+++ INPUT DATA
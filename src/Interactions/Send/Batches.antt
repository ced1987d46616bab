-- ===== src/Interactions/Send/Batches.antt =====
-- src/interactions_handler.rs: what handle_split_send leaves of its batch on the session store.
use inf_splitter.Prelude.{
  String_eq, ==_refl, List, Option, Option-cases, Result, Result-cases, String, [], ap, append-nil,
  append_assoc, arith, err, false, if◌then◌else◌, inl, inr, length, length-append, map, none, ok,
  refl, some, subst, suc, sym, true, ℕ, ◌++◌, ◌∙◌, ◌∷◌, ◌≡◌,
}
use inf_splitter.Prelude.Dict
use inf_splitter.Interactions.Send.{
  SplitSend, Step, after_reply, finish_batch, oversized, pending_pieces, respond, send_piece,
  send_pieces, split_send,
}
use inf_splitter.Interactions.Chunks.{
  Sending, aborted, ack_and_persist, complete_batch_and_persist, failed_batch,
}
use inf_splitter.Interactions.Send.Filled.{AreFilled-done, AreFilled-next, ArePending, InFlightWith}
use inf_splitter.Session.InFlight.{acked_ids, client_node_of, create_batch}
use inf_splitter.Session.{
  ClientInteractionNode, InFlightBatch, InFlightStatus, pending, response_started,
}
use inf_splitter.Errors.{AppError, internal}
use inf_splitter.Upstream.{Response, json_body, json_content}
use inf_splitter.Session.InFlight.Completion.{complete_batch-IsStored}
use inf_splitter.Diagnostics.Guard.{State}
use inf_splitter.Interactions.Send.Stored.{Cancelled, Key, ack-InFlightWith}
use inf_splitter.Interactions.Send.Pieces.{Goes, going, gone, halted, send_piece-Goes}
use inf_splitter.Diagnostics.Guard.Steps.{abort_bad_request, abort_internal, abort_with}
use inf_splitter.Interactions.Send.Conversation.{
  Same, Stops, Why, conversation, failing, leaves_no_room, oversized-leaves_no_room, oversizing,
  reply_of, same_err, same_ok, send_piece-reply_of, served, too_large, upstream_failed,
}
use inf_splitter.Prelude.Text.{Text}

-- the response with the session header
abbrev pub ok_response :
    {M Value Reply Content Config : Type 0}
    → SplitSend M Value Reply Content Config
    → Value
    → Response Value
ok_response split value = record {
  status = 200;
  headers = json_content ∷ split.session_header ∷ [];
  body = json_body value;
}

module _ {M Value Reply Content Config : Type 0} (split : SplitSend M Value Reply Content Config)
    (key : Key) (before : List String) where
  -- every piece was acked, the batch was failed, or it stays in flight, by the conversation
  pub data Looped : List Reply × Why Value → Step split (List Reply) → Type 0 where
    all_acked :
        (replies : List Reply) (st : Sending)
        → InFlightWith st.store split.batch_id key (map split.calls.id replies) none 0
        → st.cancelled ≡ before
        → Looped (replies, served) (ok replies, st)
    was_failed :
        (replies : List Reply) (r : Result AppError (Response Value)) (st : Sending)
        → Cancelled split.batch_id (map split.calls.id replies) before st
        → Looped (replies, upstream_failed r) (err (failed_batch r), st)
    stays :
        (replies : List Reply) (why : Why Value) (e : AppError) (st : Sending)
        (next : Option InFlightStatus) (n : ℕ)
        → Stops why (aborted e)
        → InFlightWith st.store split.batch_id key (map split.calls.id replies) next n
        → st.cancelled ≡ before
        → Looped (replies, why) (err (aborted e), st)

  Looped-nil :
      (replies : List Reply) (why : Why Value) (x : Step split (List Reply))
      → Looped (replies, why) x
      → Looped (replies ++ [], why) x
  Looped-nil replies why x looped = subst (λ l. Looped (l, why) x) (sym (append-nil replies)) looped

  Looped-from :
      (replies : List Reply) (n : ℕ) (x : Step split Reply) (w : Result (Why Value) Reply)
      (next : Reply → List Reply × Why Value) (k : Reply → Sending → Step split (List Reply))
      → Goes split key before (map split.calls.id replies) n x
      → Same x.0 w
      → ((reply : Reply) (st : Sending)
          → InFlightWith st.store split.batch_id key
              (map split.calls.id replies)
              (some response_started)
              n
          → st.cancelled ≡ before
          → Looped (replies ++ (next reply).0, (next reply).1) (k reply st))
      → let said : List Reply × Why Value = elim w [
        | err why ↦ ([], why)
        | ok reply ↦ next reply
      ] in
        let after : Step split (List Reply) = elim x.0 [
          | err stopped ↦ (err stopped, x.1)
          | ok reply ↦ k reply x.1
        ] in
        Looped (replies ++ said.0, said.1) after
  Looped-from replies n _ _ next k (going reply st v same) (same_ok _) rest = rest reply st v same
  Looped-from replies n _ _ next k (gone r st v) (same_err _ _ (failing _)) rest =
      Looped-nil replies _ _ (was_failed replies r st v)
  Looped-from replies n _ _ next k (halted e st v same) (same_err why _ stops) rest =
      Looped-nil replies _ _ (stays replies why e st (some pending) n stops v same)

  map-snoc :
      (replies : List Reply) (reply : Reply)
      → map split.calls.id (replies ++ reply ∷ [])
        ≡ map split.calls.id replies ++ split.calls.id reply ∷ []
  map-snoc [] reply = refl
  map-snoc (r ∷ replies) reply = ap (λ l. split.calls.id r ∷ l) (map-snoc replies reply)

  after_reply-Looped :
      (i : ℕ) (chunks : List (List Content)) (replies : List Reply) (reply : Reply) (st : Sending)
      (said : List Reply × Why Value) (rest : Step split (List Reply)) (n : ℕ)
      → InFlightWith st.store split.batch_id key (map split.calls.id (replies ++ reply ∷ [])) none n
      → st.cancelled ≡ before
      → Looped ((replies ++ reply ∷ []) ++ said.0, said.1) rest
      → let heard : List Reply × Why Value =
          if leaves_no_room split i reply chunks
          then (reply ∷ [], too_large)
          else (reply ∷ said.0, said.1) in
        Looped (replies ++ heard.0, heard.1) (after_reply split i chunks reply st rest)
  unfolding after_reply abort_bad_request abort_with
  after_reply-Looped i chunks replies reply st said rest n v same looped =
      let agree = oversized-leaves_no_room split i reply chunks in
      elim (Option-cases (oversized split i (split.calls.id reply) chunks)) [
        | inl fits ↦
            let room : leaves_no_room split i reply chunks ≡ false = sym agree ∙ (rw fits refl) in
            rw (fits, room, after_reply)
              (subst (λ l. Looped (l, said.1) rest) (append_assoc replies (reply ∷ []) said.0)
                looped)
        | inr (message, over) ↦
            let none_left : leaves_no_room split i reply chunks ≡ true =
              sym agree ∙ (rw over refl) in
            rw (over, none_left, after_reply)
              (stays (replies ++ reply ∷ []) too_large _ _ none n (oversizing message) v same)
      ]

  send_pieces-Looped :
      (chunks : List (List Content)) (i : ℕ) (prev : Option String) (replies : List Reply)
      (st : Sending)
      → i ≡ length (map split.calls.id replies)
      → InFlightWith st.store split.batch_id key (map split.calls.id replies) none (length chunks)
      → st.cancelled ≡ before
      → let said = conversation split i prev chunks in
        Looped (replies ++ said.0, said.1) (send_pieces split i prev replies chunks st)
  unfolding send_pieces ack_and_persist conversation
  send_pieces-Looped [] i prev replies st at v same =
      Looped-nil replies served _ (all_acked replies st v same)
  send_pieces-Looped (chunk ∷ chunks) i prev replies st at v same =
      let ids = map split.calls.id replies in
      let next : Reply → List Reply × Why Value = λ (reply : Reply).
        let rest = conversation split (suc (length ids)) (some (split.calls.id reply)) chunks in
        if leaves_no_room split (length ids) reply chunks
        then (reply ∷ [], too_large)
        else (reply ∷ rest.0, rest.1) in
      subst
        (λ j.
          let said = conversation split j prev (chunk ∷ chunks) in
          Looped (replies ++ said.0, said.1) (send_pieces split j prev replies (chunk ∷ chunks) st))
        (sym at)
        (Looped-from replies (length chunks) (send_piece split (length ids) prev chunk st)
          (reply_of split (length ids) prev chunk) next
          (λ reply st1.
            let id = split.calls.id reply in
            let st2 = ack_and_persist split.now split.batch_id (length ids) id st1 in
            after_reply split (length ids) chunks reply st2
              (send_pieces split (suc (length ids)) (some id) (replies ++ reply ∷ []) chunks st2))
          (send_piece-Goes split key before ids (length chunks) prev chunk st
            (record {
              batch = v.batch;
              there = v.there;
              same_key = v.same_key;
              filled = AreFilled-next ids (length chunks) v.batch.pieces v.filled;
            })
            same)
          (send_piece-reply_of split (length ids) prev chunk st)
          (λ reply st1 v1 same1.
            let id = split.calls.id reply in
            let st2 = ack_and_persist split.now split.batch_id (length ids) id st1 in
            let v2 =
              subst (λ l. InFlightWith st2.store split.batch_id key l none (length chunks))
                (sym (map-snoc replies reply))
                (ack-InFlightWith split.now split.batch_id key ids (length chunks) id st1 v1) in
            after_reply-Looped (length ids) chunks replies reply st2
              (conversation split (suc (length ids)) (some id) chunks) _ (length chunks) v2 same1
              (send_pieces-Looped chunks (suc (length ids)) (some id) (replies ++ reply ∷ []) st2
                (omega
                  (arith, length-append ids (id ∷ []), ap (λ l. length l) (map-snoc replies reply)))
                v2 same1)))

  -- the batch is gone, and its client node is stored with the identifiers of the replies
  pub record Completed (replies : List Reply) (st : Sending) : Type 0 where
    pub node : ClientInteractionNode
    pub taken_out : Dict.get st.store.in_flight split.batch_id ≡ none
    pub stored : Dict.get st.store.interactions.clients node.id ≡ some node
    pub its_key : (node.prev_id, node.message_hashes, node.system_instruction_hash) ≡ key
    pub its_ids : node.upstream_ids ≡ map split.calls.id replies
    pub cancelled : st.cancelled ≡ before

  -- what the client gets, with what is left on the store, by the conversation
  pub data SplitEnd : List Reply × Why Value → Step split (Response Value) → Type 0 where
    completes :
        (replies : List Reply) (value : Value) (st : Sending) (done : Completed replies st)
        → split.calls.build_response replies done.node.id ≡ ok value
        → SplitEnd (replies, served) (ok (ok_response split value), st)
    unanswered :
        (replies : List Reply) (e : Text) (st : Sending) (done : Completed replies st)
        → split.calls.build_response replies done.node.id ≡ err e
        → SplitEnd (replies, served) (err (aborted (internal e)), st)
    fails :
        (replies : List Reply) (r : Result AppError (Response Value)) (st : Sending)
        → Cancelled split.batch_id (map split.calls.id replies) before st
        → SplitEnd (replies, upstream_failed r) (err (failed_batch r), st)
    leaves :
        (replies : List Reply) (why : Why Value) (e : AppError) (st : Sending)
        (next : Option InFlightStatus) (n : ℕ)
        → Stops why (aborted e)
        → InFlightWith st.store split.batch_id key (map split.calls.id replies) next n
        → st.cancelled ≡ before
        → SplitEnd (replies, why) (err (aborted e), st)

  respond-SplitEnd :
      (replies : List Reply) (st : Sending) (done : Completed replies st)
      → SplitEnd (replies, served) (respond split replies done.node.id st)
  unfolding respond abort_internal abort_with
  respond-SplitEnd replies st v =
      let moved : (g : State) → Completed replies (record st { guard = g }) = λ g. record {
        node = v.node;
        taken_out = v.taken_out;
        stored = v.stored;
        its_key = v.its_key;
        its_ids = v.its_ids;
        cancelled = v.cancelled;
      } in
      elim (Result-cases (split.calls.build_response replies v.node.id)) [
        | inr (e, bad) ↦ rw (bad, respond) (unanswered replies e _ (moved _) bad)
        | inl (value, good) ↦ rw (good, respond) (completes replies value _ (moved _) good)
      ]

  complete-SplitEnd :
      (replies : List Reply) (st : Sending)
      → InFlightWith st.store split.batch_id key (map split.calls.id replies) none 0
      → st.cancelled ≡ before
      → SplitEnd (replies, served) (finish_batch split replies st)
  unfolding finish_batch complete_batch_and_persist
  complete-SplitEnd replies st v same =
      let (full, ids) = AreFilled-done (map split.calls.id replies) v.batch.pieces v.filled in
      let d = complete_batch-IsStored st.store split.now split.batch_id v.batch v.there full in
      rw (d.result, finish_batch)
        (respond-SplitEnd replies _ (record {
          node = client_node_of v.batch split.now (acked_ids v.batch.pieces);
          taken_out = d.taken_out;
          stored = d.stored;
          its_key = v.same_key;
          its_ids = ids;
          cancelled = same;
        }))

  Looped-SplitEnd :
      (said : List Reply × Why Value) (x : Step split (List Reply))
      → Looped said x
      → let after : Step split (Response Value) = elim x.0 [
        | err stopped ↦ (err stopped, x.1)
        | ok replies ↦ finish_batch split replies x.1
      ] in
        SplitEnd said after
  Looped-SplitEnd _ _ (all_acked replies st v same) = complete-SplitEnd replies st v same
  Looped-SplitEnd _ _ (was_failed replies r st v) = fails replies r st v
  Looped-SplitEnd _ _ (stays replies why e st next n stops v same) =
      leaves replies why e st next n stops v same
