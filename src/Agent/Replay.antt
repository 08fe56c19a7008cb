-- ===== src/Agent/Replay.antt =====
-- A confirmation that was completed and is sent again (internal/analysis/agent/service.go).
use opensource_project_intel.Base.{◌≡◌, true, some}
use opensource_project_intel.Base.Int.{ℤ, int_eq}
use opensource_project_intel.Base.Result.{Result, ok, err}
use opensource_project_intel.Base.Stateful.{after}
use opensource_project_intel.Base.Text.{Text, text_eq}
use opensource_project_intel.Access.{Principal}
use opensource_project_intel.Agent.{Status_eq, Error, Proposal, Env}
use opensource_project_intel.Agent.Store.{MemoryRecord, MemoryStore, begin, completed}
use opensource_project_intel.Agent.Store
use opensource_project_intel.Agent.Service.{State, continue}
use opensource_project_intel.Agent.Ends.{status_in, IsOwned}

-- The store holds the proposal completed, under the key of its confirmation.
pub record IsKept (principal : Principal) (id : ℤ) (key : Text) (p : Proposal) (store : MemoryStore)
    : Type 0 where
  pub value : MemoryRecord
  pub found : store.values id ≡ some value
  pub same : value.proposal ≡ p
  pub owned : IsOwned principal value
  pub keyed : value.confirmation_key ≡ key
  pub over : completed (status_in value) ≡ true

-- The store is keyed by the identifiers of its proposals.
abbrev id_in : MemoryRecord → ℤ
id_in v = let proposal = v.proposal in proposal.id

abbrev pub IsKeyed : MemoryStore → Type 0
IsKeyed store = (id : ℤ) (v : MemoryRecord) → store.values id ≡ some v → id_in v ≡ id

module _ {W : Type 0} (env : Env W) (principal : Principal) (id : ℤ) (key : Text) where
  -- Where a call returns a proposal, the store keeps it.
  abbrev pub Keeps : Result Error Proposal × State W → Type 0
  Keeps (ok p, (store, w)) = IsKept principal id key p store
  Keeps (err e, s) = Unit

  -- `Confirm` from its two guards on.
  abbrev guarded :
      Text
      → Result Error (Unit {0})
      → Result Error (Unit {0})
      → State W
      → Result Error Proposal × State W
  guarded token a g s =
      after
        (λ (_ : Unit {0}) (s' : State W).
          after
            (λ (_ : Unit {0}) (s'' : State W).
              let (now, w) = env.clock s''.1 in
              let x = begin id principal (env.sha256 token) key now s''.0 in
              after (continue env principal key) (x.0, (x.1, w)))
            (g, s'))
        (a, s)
++++++
◆ **TASK GOAL**
Every line above that includes the word "identifiers" must appear in the answer.

◆ **OUTPUT FOR THIS TASK**
  -- the batch is gone, and its client node is stored with the identifiers of the replies
-- The store is keyed by the identifiers of its proposals.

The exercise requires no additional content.